Early memory cards, on systems like the PS1, held 15 blocks of memory, allowing you to store up to 15 games' save data at a time. Meanwhile, some games took up multiple blocks because they were just that damn big. By the next generation, blocks were largely eliminated in favor of overall storage space. So if your card could hold 128 MB of data, you had to ration that out for all your games, or buy a second card. And Heaven help you if you lost the tiny things. Few experiences were more soul-crushing than losing 100 hours Star Ocean: Till The End Of Time progress because you absent-mindedly chucked your card in your bookbag and lost it among your unfinished Global Studies homework.
Today's super-powerful consoles don't require cards, since most save data can be contained within the console (or on the Cloud). But for today's discerning gamers, there are external hard drives that, storage-wise, are absolutely enormous. Some can hold up to two terabytes of data — that's 2000 gigabytes, in case you were wondering. Best of all, they're much harder to lose than those dinky little memory cards.
Kill screen
Today, the idea that a game would crash if you progressed too far would be grounds for a boycott. But in the early arcade days, it was the norm to encounter an unbeatable final boss in the form of the game you just paid money to play.
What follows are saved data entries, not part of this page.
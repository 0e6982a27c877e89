-- ===== src/Base/TimeStr/Runs.antt =====
-- A time in a buffer that is longer than it.
use simple_rpc.Prelude.{◌≡◌, refl, [], ◌∷◌, take, replicate, none, some}
use simple_rpc.Prelude.Fault.{◌>>=◌}
use simple_rpc.Base.TimeStr.{Calendar, int_loop, make_int, time_now_str}

abbrev new_year : Calendar
new_year = record { tm_year = 113; tm_mon = 0; tm_mday = 1; tm_hour = 9; tm_min = 5; tm_sec = 7 }

-- "2013-01-01"
new_year_str :
    (time_now_str new_year 42 (replicate 28 1) >>= λ b. some (take 10 b))
    ≡ some (b'2' ∷ b'0' ∷ b'1' ∷ b'3' ∷ b'-' ∷ b'0' ∷ b'1' ∷ b'-' ∷ b'0' ∷ b'1' ∷ [])
unfolding time_now_str make_int int_loop
new_year_str = refl

-- Room for 26 bytes is not enough.
too_short : time_now_str new_year 42 (replicate 26 1) ≡ none
unfolding time_now_str make_int int_loop
too_short = refl
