-- ===== src/Rlog.antt =====
-- The folder rlog.
pub mod Service
pub mod Qps
pub mod Client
Famously seen in Pac-Man and Donkey Kong — endless games that simply repeated levels until the player died, ran out of quarters, or got bored — the kill screen would occur when a player triggered an "integer overflow." This is where a certain value in the game would run higher than the game's allotted memory. In 8-bit games like Pac and Kong, there was only enough room for 255 values per bit of data, so if a player exceeded that value somehow (by reaching Level 256 in Pac-Man, and by Donkey Kong's bonus calculator reaching 260 after Screen 117), they'd encounter the dreaded kill screen. In Pac-Man, the level completely glitches and fills itself with useless data the poor yellow dot can't possibly navigate. In Donkey Kong, the bug triggers an eight-second time limit guaranteed to kill Mario every time. If Bowser had thought of that, he could've married Peach decades ago.
We don't see kill screens anymore, since games have so much memory. To trigger one, you'd presumably need to reach Level 14 Centillion. But even then, since the game will likely have a final level, as virtually all games do today, it would end before any evil integers force it to.